Python 2.6 is deprecated so hard, so it's probably impossible to use pytest to run tests in Travis-ci anymore. I tried to jump into details and problem is probably not in pytest or python, but in pip. pip 8.0.1 installed by yum in CentOS 6 installed the latest version of pytest without any problems while pip 9.0.1 refused. I don't know how to set version of pip for python 2.6 environment in Travis, so I just removed it from .travis.yml. What does it mean? Higher probability of making bugs specific for python 2.6 - some modern syntax usage, etc. But is it a problem?

Main py2.6 users are CentOS 6 users. Where are python3.4 in EPEL in CentOS 6, so it's still possible to use. Also, there are Carbon Reductor 7 users. Well, most of them have old versions installed already and everything works. In Carbon Reductor 8 I will move netutils-linux from py2.6 env to 3.4 in January when I'll upgrade to a new version (from... 2.0?).

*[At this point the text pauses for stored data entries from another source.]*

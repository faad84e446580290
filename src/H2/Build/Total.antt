-- ===== src/H2/Build/Total.antt =====
-- The checker is always made: the walks over the preconditions end since children stand before their
-- parents in the pool, and the fixpoint is reached.
use ran_tan_plan.Prelude.{
  ℕ, zero, suc, ◌≡◌, refl, inl, inr, Bool, true, false, Option, some, List, [], ◌∷◌, ◌++◌, arith,
  In, ◌>>=◌, if◌then◌else◌,
}
use ran_tan_plan.Expr.Node.{ExprId, null, ref}
use ran_tan_plan.Expr.Pool.{ExprPool, is_state_variable, children}
use ran_tan_plan.Expr.Pool.Laws.{Below, IsOrdered}
use ran_tan_plan.Problem.{Problem, Action}
use ran_tan_plan.H2.{ActionData}
use ran_tan_plan.H2.Build.{
  Checker, collect_list, is_conjunction, collect, action_data, all_data, compute, added, deleted,
  concat_map,
}
use ran_tan_plan.H2.Build.Covered.{facts}
use ran_tan_plan.H2.Build.Reached.{reached}

collect_list_returns :
    (call : ExprId → Option (List ℕ)) (cs : List ExprId)
    → ((c : ExprId) → In c cs → (qs : List ℕ) × (call c ≡ some qs))
    → (ps : List ℕ) × (collect_list call cs ≡ some ps)
unfolding collect_list
collect_list_returns call [] h = ([], refl)
collect_list_returns call (c ∷ cs) h =
    let (qs, e) = h c (inl refl) in
    let (ps, e') = collect_list_returns call cs (λ d m. h d (inr m)) in (qs ++ ps, rw (e, e'))

collect_returns :
    (p : ExprPool) (fs : List ExprId)
    → IsOrdered p
    → (fuel : ℕ) (e : ExprId) → Below fuel e
    → (ps : List ℕ) × (collect p fs fuel e ≡ some ps)
unfolding collect
collect_returns p fs o zero null h = ([], refl)
collect_returns p fs o (suc fuel) null h = ([], refl)
collect_returns p fs o zero (ref i) h = absurd (omega arith)
collect_returns p fs o (suc fuel) (ref i) h =
    let child = λ (c : ExprId) (m : In c (children p (ref i))).
      collect_returns p fs o fuel c (lower c (o i c m)) in
    let (deep, e) = collect_list_returns (collect p fs fuel) (children p (ref i)) child in
    pick (is_state_variable p (ref i)) (is_conjunction p (ref i)) _ deep e
  where
    lower : (c : ExprId) → Below i c → Below fuel c
    lower null k = tt
    lower (ref c) k = omega arith

    pick :
        (a b : Bool) (q : List ℕ) (r : List ℕ) {o : Option (List ℕ)}
        → o ≡ some r
        → (ps : List ℕ) × ((if a then some q else if b then o else some []) ≡ some ps)
    pick true b q r e = (q, refl)
    pick false true q r e = (r, e)
    pick false false q r e = ([], refl)

action_data_returns :
    (p : Problem) (fuel : ℕ) (a : Action)
    → IsOrdered p.pool
    → Below fuel a.precondition_id
    → (d : ActionData) × (action_data p (facts p) fuel a ≡ some d)
unfolding action_data
action_data_returns p fuel a o h =
    let (ps, e) = collect_returns p.pool (facts p) o fuel a.precondition_id h in
    start
      (λ qs. record {
        preconditions = qs;
        add_effects = concat_map (added p.pool (facts p)) a.effects;
        del_effects = concat_map (deleted p.pool (facts p)) a.effects;
      })
      _ (pick a.has_precondition ps e)
  where
    pick :
        {r : Option (List ℕ)} (b : Bool) (ps : List ℕ)
        → r ≡ some ps
        → (qs : List ℕ) × ((if b then r else some []) ≡ some qs)
    pick true ps e = (ps, e)
    pick false ps e = ([], refl)

    start :
        (f : List ℕ → ActionData) (r : Option (List ℕ))
        → ((qs : List ℕ) × (r ≡ some qs))
        → (d : ActionData) × ((r >>= λ qs. some (f qs)) ≡ some d)
    start f r (qs, e) = (f qs, rw e)

all_data_returns :
    (p : Problem) (fuel : ℕ) (acts : List Action)
    → IsOrdered p.pool
    → ((a : Action) → In a acts → Below fuel a.precondition_id)
    → (ds : List ActionData) × (all_data p (facts p) fuel acts ≡ some ds)
unfolding all_data
all_data_returns p fuel [] o h = ([], refl)
all_data_returns p fuel (a ∷ acts) o h =
    let (d, e) = action_data_returns p fuel a o (h a (inl refl)) in
    let (ds, e') = all_data_returns p fuel acts o (λ b m. h b (inr m)) in (d ∷ ds, rw (e, e'))

-- Over a pool in which children stand before their parents, and with more fuel than the handles of
-- the preconditions, the constructor and `compute` end and give a checker.
pub compute_returns :
    (p : Problem) (fuel : ℕ)
    → IsOrdered p.pool
    → ((a : Action) → In a p.actions → Below fuel a.precondition_id)
    → (c : Checker) × (compute p fuel ≡ some c)
unfolding compute
compute_returns p fuel o h =
    let (acts, e) = all_data_returns p fuel p.actions o h in
    let (t, e', fixed) = reached p fuel acts e in
    (record { index_to_fact = facts p; actions = acts; tables = t }, rw (e, e'))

We (Carbon Soft) also offer a help in migrating from Carbon Reductor 7 to Carbon Reductor 8. So probably no one will suffer from bugs (I hope), but feel free to create issues.

v2.5.0

6 years ago

Fixed:

  • Highlighting of CPU/NIC had been able to break rss-ladder
  • numa and socket layout were mixed-up
  • lscpu output could not be parsed correctly in python3 and everything that needs CPU topology thought that you had only one logical CPU

And WOW, A FEATURE OF YEAR:

  • you may pass file with lscpu -p output to network-top in debugging purposes.

v2.3.0

6 years ago

Basic /proc/net/snmp file watcher:

-16-2017 01-25-23

Finished in just one day!

There is much more to do: https://github.com/strizhechenko/netutils-linux/issues/144

v2.2.5

6 years ago

here-come-dat-boi

Well, the only difference between rps and xps tuning if queue prefix (rx and tx)... So here are 25 lines changed and you are able to distribute packets transmitting between CPUs even with single-queue NIC!

Example:

# autoxps eth0
Using mask 'ff' for eth0-tx-0

v2.2.0

6 years ago

Autorps didn't work in systems with multiple NUMA-nodes or CPU sockets before, because it had been calculating cpu mask by total cpu count and wasn't aware of CPU/NUMA topology.

It has been rewritten in python. Now you can:

  1. Use it on single-queue NICs in multinuma systems. CPU socket/NUMA node to bind network packet processing will be chosen automatically (rss-ladder is able to do it too!) by reading /sys/class/net/$NIC/device/numa_node (fallback - 0).
  2. --force it to work with multiqueue NIC.
  3. Pass custom CPU mask. --cpu-mask=fe
  4. Pass custom CPU list --cpus 0 2 4 6 (in the end of options).
  5. Test it before using by --dry-run: it will print something like Using mask 'fc0' for eth0-rx-0.
  6. Explicitely define socket to bind queues by --socket=1. Why would you ever need it? Because you may found out that moving this nic to external NUMA-node gives you better performance than put all your NIC's on the device's local NUMA-node (and you can't put NIC in this NUMA-node's PCI slot right now).

Also I accidentally drop .pylintrc in repo and fixed all small pep8 violations and other code smells that landscape.io was hiding with default settings.